▶ [WHAT NEEDS TO BE DONE]
In the entries below, find the line with "else let h2" and the line with "if get_alloc h". Reproduce those two lines and every line between them exactly, and nothing more.
++++ RAW DATA
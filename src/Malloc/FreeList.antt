-- ===== src/Malloc/FreeList.antt =====
-- "Efficient Mallocs"/mm_freeList.c: the allocator with an explicit list of free blocks. A block
-- pointer `bp` has its header four bytes before it; a free block holds at `bp` the pointer to the
-- block after it in the list and at `bp + 8` the one before.
pub mod Chain
pub mod Removal
pub mod FirstFit
pub mod Tiles
pub mod Apart
pub mod Outside
pub mod Gap
pub mod TakeOut
pub mod Whole
pub mod Absorb
pub mod Insert
pub mod Join
pub mod Coalesce
pub mod Free
pub mod Place
pub mod Extend
pub mod Fit
pub mod Alloc
pub mod Init
pub mod Live
pub mod Disjoint
pub mod Payload
pub mod Fuel
pub mod Tests
pub mod Realloc
pub mod Grown
pub mod Check
use operating_system_basics.Base.{
  ℕ, zero, suc, ◌+◌, ◌-◌, ◌*◌, ◌/◌, ◌%◌, ◌^◌, Bool, true, false, not, ◌&&◌, ◌||◌, Option, none,
  some, List, [], ◌∷◌, ◌++◌, ◌==◌, ltb, leb, if◌then◌else◌,
}
use operating_system_basics.Malloc.{Heap, minus_one, mem_sbrk, mem_heap_lo, mem_heap_hi, put}

abbrev pub wsize : ℕ
wsize = 4

abbrev pub dsize : ℕ
dsize = 8

abbrev pub min_blocksize : ℕ
min_blocksize = 24

-- `CHUNKSIZE/WSIZE`: the macro has no parentheses, so this is `1 << (12/4)`.
abbrev pub chunk_words : ℕ
chunk_words = 2 ^ (12 / 4)

abbrev pub chunksize : ℕ
chunksize = 2 ^ 12

abbrev pub max : ℕ → ℕ → ℕ
max x y = if ltb y x then x else y

unfoldable pub align : ℕ → ℕ
align p = let q = (p + (dsize - 1)) % 2 ^ 32 in q - q % 8

-- `PACK` for an allocated bit that is not set, and for one that is.
abbrev pub pack_free : ℕ → ℕ
pack_free size = size

abbrev pub pack_alloc : ℕ → ℕ
pack_alloc size = size - size % 2 + 1

abbrev pub size_of : ℕ → ℕ
size_of w = w - w % 8

abbrev pub alloc_of : ℕ → Bool
alloc_of w = not (w % 2 == 0)

abbrev pub hdrp : ℕ → ℕ
hdrp bp = bp - wsize

abbrev pub get_size : Heap → ℕ → ℕ
get_size h bp = size_of (h.mem (hdrp bp))

abbrev pub get_alloc : Heap → ℕ → Bool
get_alloc h bp = alloc_of (h.mem (hdrp bp))

abbrev pub ftrp : Heap → ℕ → ℕ
ftrp h bp = bp + get_size h bp - dsize

abbrev pub right_blkp : Heap → ℕ → ℕ
right_blkp h bp = bp + get_size h bp

abbrev pub left_blkp : Heap → ℕ → ℕ
left_blkp h bp = bp - size_of (h.mem (hdrp bp - wsize))

abbrev pub prev_blkp : Heap → ℕ → ℕ
prev_blkp h bp = h.mem (bp + dsize)

abbrev pub next_blkp : Heap → ℕ → ℕ
next_blkp h bp = h.mem bp

abbrev pub setprev : ℕ → ℕ → Heap → Heap
setprev bp p h = put (bp + dsize) p h

abbrev pub setnext : ℕ → ℕ → Heap → Heap
setnext bp p h = put bp p h

-- Header, then footer: the footer is found by the header.
abbrev pub put_both : ℕ → ℕ → Heap → Heap
put_both bp w h = let h1 = put (hdrp bp) w h in put (ftrp h1 bp) w h1

unfoldable pub insert_block : ℕ → Heap → Heap
insert_block bp h =
    let h1 = setprev bp h.start h in
    let h2 = setnext h1.start bp h1 in let h3 = setnext bp 0 h2 in record h3 { start = bp }

unfoldable pub remove_block : ℕ → Heap → Heap
remove_block bp h =
    let h1 =
      if not (next_blkp h bp == 0)
      then setprev (next_blkp h bp) (prev_blkp h bp) h
      else record h { start = prev_blkp h bp } in
    setnext (prev_blkp h1 bp) (next_blkp h1 bp) h1

-- The three cases of `coalesce` that join blocks, by the two tests.
unfoldable pub join_blocks : Bool → Bool → ℕ → Heap → ℕ × Heap
join_blocks true true bp h = (bp, h)
join_blocks true false bp h =
    let size = (get_size h bp + get_size h (right_blkp h bp)) % 2 ^ 32 in
    let h1 = remove_block (right_blkp h bp) h in (bp, put_both bp (pack_free size) h1)
join_blocks false true bp h =
    let size = (get_size h bp + get_size h (left_blkp h bp)) % 2 ^ 32 in
    let left = left_blkp h bp in (left, put_both left (pack_free size) (remove_block left h))
join_blocks false false bp h =
    let h1 = remove_block (left_blkp h bp) h in
    let h2 = remove_block (right_blkp h1 bp) h1 in
    let size =
      (get_size h bp + get_size h2 (left_blkp h2 bp) + get_size h2 (right_blkp h2 bp)) % 2 ^ 32 in
    let left = left_blkp h2 bp in (left, put_both left (pack_free size) h2)

unfoldable pub coalesce : ℕ → Heap → ℕ × Heap
coalesce bp h =
    let left = left_blkp h bp in
    let left_alloc = alloc_of (h.mem (ftrp h left)) || (left == bp) in
    let right_alloc = get_alloc h (right_blkp h bp) in
    let (p, h1) = join_blocks left_alloc right_alloc bp h in (p, insert_block p h1)

-- `NULL` is 0.
unfoldable pub extend_heap : ℕ → Heap → ℕ × Heap
extend_heap words h =
    let size = (if words % 2 == 1 then words + 1 else words) * wsize % 2 ^ 32 in
    let (bp, h1) = mem_sbrk size h in
    if bp == minus_one
    then (0, h1)
    else let h2 = put_both bp (pack_free size) h1 in
      coalesce bp (put (hdrp (right_blkp h2 bp)) (pack_alloc 0) h2)

-- The stores of `mm_init` at the start of its first request.
unfoldable pub put_prologue : ℕ → Heap → Heap
put_prologue p h =
    let h1 = put (p + wsize) (pack_alloc min_blocksize) (put p 0 h) in
    let h2 = put (p + dsize + wsize) 0 (put (p + dsize) 0 h1) in
    let h3 =
      put (p + wsize + min_blocksize) (pack_alloc 0)
        (put (p + min_blocksize) (pack_alloc min_blocksize) h2) in
    record h3 { heap_listp = p; start = p + dsize }

-- `some true` is the result 0, `some false` is -1; `none` is the fault of a store through
-- `(void *)-1`, which the test for `NULL` lets pass.
unfoldable pub mm_init : Heap → Option (Bool × Heap)
mm_init h =
    let (p, h1) = mem_sbrk (2 * min_blocksize) h in
    if p == 0
    then some (false, record h1 { heap_listp = p })
    else if p == minus_one
    then none
    else let (bp, h2) = extend_heap chunk_words (put_prologue p h1) in some (not (bp == 0), h2)

-- The `while` of `find_freeblock` on fuel; `none` means that it has not ended.
unfoldable pub find_loop : ℕ → ℕ → ℕ → Heap → Option ℕ
find_loop zero asize bp h = none
find_loop (suc fuel) asize bp h =
    let rest = find_loop fuel asize (prev_blkp h bp) h in
    if get_alloc h bp then some 0 else if leb asize (get_size h bp) then some bp else rest

unfoldable pub find_freeblock : ℕ → ℕ → Heap → Option ℕ
find_freeblock fuel asize h = find_loop fuel asize h.start h

unfoldable pub place : ℕ → ℕ → Heap → Heap
place bp asize h =
    let size = get_size h bp in
    let remblock_size = (size + 2 ^ 32 - asize) % 2 ^ 32 in
    let h1 = remove_block bp (put_both bp (pack_alloc asize) h) in
    let rest = right_blkp h1 bp in
    if leb min_blocksize remblock_size
    then (coalesce rest (put_both rest (pack_free remblock_size) h1)).1
    else remove_block bp (put_both bp (pack_alloc size) h)

unfoldable pub newsize_of : ℕ → ℕ
newsize_of size = max ((align size + dsize) % 2 ^ 32) min_blocksize

unfoldable pub mm_malloc : ℕ → ℕ → Heap → Option (ℕ × Heap)
mm_malloc fuel size h =
    let newsize = newsize_of size in
    if size == 0 then some (0, h) else elim (find_freeblock fuel newsize h) [
      | none ↦ none
      | some bp ↦
          if not (bp == 0)
          then some (bp, place bp newsize h)
          else let (p, h1) = extend_heap (max newsize chunksize / wsize) h in
            if p == 0 then some (0, h1) else some (p, place p newsize h1)
    ]

unfoldable pub mm_free : ℕ → Heap → Heap
mm_free bp h = (coalesce bp (put_both bp (pack_free (get_size h bp)) h)).1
++++++++
▶ [ANSWER FOR THE TASK]
    else let h2 = put_both bp (pack_free size) h1 in
      coalesce bp (put (hdrp (right_blkp h2 bp)) (pack_alloc 0) h2)

-- The stores of `mm_init` at the start of its first request.
unfoldable pub put_prologue : ℕ → Heap → Heap
put_prologue p h =
    let h1 = put (p + wsize) (pack_alloc min_blocksize) (put p 0 h) in
    let h2 = put (p + dsize + wsize) 0 (put (p + dsize) 0 h1) in
    let h3 =
      put (p + wsize + min_blocksize) (pack_alloc 0)
        (put (p + min_blocksize) (pack_alloc min_blocksize) h2) in
    record h3 { heap_listp = p; start = p + dsize }

-- `some true` is the result 0, `some false` is -1; `none` is the fault of a store through
-- `(void *)-1`, which the test for `NULL` lets pass.
unfoldable pub mm_init : Heap → Option (Bool × Heap)
mm_init h =
    let (p, h1) = mem_sbrk (2 * min_blocksize) h in
    if p == 0
    then some (false, record h1 { heap_listp = p })
    else if p == minus_one
    then none
    else let (bp, h2) = extend_heap chunk_words (put_prologue p h1) in some (not (bp == 0), h2)

-- The `while` of `find_freeblock` on fuel; `none` means that it has not ended.
unfoldable pub find_loop : ℕ → ℕ → ℕ → Heap → Option ℕ
find_loop zero asize bp h = none
find_loop (suc fuel) asize bp h =
    let rest = find_loop fuel asize (prev_blkp h bp) h in
    if get_alloc h bp then some 0 else if leb asize (get_size h bp) then some bp else rest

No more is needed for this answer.